Posted on 02 April 2014 by Drew Forrester

Our very own Ed Frankovic chronicled the Caps 5-0 drubbing last night with a perfect one-word description: quitters.

I know, that’s the worst thing you can say about a player or a team, but it sure fit the Washington Capitals last night when the Dallas Stars strolled into the Verizon Center and pasted Alex Ovechkin and Company with the playoffs essentially on the line for the home team.

With every point mattering now, the Caps turned in one of the all-time turd performances of the Ovechkin era.  He was essentially a no-show on Saturday vs. Boston, Sunday at Nashville and then again last night at home when the Caps scored zero goals with the playoffs waving in the foreground.

It was awful.  It was truly “old school” Caps hockey.  It made me harken back to the mid 1970’s when my Dad and I would settle in behind the goal at the old Cap Centre to watch the Caps get blasted by just about everyone on a nightly basis.

I felt like we were going to see Robert Picard or Hartland Monahan take a shift in the 3rd period.

Some of this heartless play can be traced back to the first period of a 4-3 shootout loss to Nashville on Sunday night when Predators in-house goon, Rich Clune, beat up on rookie Patrick Wey when all he did – gasp! – was check Clune into the boards on a completely fair and legit hockey play.  That Clune didn’t get the crap knocked out of him later on in the game by a gang of Caps was proof-positive of the yellow streak running down their collective backs.  I get it, you’re playing for points, not penalty minutes, but Clune’s punishing pounding of Wey deserved a massive dose of retaliation at some point before the night ended.

When Clune didn’t get the stuffing knocked out of him in the second or third period of that Nashville game, I knew then, for sure, this was a gutless bunch.

I wrote a piece here at WNST.net about the Caps a month ago and said then — and stand behind it now — that this organization needs a summer of ’14 overhaul that should include a deep, in-depth look at Ovechkin and whether or not the franchise can win on the ice with him.

People thought I was nuts.  “He’s a 50-goal scorer, Drew!  You can’t get rid of those guys.”

Rob Carlin of Comcast Sports Net laughed at me on the air when I asked him about Ovechkin’s future in D.C.

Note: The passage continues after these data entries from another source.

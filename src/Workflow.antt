-- ===== src/Workflow.antt =====
-- workflow/: the persistent jobs of the pipeline.
pub mod Jobs
pub mod Leases
pub mod Invariant
pub mod Reachable
pub mod Acknowledged
pub mod Idempotent
pub mod Claimed
pub mod Kept
pub mod Ended
mod Tests
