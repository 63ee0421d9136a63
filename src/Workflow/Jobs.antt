-- ===== src/Workflow/Jobs.antt =====
-- workflow/repository.py: the rows of catalog/orm.py and workflow/models.py, `enqueue` and `claim`.
-- A payload is its canonical JSON text; instants are seconds. Transactions run one after another,
-- so the branch for a row inserted between a SELECT and an INSERT does not arise.
use homez.Prelude.{
  ℕ, ◌+◌, Bool, true, false, not, ◌&&◌, ◌||◌, String, List, Option, none, some, get_or, Result, ok,
  err, value_error, ◌>>=◌, find, insert, replace, where_rows, first, leb, ltb, ◌==◌, str_eq,
  if◌then◌else◌, commit,
}

pub data JobState : Type 0 where
  pending running retry_wait succeeded dead_letter manual_review : JobState

abbrev pub job_state_value : JobState → String
job_state_value pending = "pending"
job_state_value running = "running"
job_state_value retry_wait = "retry_wait"
job_state_value succeeded = "succeeded"
job_state_value dead_letter = "dead_letter"
job_state_value manual_review = "manual_review"

abbrev pub is_running_job : JobState → Bool
is_running_job running = true
is_running_job _ = false

-- `state.in_((PENDING, RETRY_WAIT))`
abbrev pub is_waiting : JobState → Bool
is_waiting pending = true
is_waiting retry_wait = true
is_waiting _ = false

-- WorkflowJobRecord
pub record Job : Type 0 where
  pub id : ℕ
  pub kind : String
  pub idempotency_key : String
  pub payload_json : String
  pub state : JobState
  pub priority : ℕ
  pub available_at : ℕ
  pub attempt_count : ℕ
  pub max_attempts : ℕ
  pub lease_owner : Option String
  pub lease_token : Option ℕ
  pub lease_expires_at : Option ℕ
  pub parent_job_id : Option ℕ
  pub root_job_id : Option ℕ
  pub created_at : ℕ
  pub updated_at : ℕ
  pub started_at : Option ℕ
  pub finished_at : Option ℕ
  pub last_error_code : Option String
  pub last_error_detail : Option String

-- WorkflowJobAttemptRecord
pub record JobAttempt : Type 0 where
  pub job_id : ℕ
  pub attempt_number : ℕ
  pub lease_token : ℕ
  pub worker_id : String
  pub started_at : ℕ
  pub finished_at : Option ℕ
  pub outcome : Option String
  pub error_code : Option String
  pub error_detail : Option String

pub record JobDb : Type 0 where
  pub jobs : List Job
  pub job_attempts : List JobAttempt

pub record ClaimedJob : Type 0 where
  pub id : ℕ
  pub kind : String
  pub payload : String
  pub attempt_number : ℕ
  pub lease_token : ℕ
  pub lease_expires_at : ℕ

abbrev pub job_key : ℕ → Job → Bool
job_key n j = j.id == n

abbrev pub job_attempt_key : ℕ → ℕ → JobAttempt → Bool
job_attempt_key job number a = (a.job_id == job) && (a.attempt_number == number)

unfoldable pub get_job : JobDb → ℕ → Option Job
get_job db n = find (job_key n) db.jobs

unfoldable pub get_job_attempt : JobDb → ℕ → ℕ → Option JobAttempt
get_job_attempt db job number = find (job_attempt_key job number) db.job_attempts

-- the job with an idempotency key
unfoldable pub find_job : JobDb → String → Option Job
find_job db key = find (λ j. str_eq j.idempotency_key key) db.jobs

abbrev pub put_job : Job → JobDb → JobDb
put_job j db = record db { jobs = replace (job_key j.id) j db.jobs }

abbrev pub put_job_attempt : JobAttempt → JobDb → JobDb
put_job_attempt a db = record db {
  job_attempts = replace (job_attempt_key a.job_id a.attempt_number) a db.job_attempts;
}

-- the arguments of `enqueue`
pub record JobRequest : Type 0 where
  pub kind : String
  pub idempotency_key : String
  pub payload : String
  pub available_at : ℕ
  pub priority : ℕ
  pub max_attempts : ℕ
  pub parent_job_id : Option ℕ
  pub root_job_id : Option ℕ

-- the row of a request; `id` is the value of `uuid4()`, `now` of `datetime.now`
abbrev pub new_job : JobRequest → ℕ → ℕ → Job
new_job r id now = record {
  id = id;
  kind = r.kind;
  idempotency_key = r.idempotency_key;
  payload_json = r.payload;
  state = pending;
  priority = r.priority;
  available_at = r.available_at;
  attempt_count = 0;
  max_attempts = r.max_attempts;
  lease_owner = none;
  lease_token = none;
  lease_expires_at = none;
  parent_job_id = r.parent_job_id;
  root_job_id = some (get_or r.root_job_id id);
  created_at = now;
  updated_at = now;
  started_at = none;
  finished_at = none;
  last_error_code = none;
  last_error_detail = none;
}

unfoldable pub add_job : JobRequest → ℕ → ℕ → JobDb → Result (ℕ × JobDb)
add_job r id now db = elim (find_job db r.idempotency_key) [
  | some j ↦
      if str_eq j.kind r.kind && str_eq j.payload_json r.payload
      then ok (j.id, db)
      else err value_error
  | none ↦ do
    jobs ← insert (job_key id) (new_job r id now) db.jobs
    ok (id, record db { jobs = jobs })
]

unfoldable pub enqueue : JobRequest → ℕ → ℕ → JobDb → Result ℕ × JobDb
enqueue r id now db = commit (add_job r id now db) db

-- the WHERE clause of `claim`, on rows that are not locked
unfoldable pub is_due : (ℕ → Bool) → ℕ → Job → Bool
is_due locked now j = is_waiting j.state && leb j.available_at now && not (locked j.id)

-- `order_by(priority, available_at, created_at)`
abbrev pub job_before : Job → Job → Bool
job_before a b =
    ltb a.priority b.priority
    || ((a.priority == b.priority)
        && (ltb a.available_at b.available_at
            || ((a.available_at == b.available_at) && ltb a.created_at b.created_at)))

abbrev pub taken : String → ℕ → ℕ → ℕ → Job → Job
taken worker token now lease_for j = record j {
  state = running;
  attempt_count = j.attempt_count + 1;
  lease_owner = some worker;
  lease_token = some token;
  lease_expires_at = some (now + lease_for);
  started_at = some (get_or j.started_at now);
  updated_at = now;
}

abbrev pub taken_attempt : String → ℕ → ℕ → Job → JobAttempt
taken_attempt worker token now j = record {
  job_id = j.id;
  attempt_number = j.attempt_count;
  lease_token = token;
  worker_id = worker;
  started_at = now;
  finished_at = none;
  outcome = none;
  error_code = none;
  error_detail = none;
}

abbrev pub claim_of : Job → ℕ → ℕ → ClaimedJob
claim_of j token expires = record {
  id = j.id;
  kind = j.kind;
  payload = j.payload_json;
  attempt_number = j.attempt_count;
  lease_token = token;
  lease_expires_at = expires;
}

unfoldable pub next_job : (ℕ → Bool) → ℕ → JobDb → Option Job
next_job locked now db = first job_before (where_rows (is_due locked now) db.jobs)

-- the part of `claim` behind the SELECT
abbrev pub take_job : String → ℕ → ℕ → ℕ → Option Job → JobDb → Result (Option ClaimedJob × JobDb)
take_job worker token now lease_for none db = ok (none, db)
take_job worker token now lease_for (some j) db =
    let row = taken worker token now lease_for j in
    do
      rows ←
          insert (job_attempt_key row.id row.attempt_count) (taken_attempt worker token now row)
            db.job_attempts
      ok (
        some (claim_of row token (now + lease_for)),
        record (put_job row db) { job_attempts = rows },
      )

unfoldable pub claim_job :
    (ℕ → Bool) → String → ℕ → ℕ → ℕ → JobDb → Result (Option ClaimedJob) × JobDb
claim_job locked worker token now lease_for db =
    commit (take_job worker token now lease_for (next_job locked now db) db) db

No one was laughing last night.

Except the Dallas Stars.


Tiger Woods out of the Masters isn’t a great surprise to me.

You can’t play golf when you’re hurt, even if he did win the 2008 U.S. Open on a broken leg.  Then again, he only had to beat Rocco Mediate.

Woods, though, needs more than a surgically repaired back to return to his form of old.

Let’s face it, he wasn’t winning the Masters this year anyway, bad back or not.  He hasn’t won there since 2005 when he beat Chris DiMarco in a playoff.  He can’t win at Augusta anymore because under the heat of the Sunday back-nine pressure, he can’t putt the greens.

That said, it’s not like Tiger has become Briny Baird or anything.  He did win five events last year.

But the proof is in the pudding, as they say.

Ever since Woods beat Mediate at Torrey Pines in that U.S. Open playoff, he has as many major wins as…well…Briny Baird.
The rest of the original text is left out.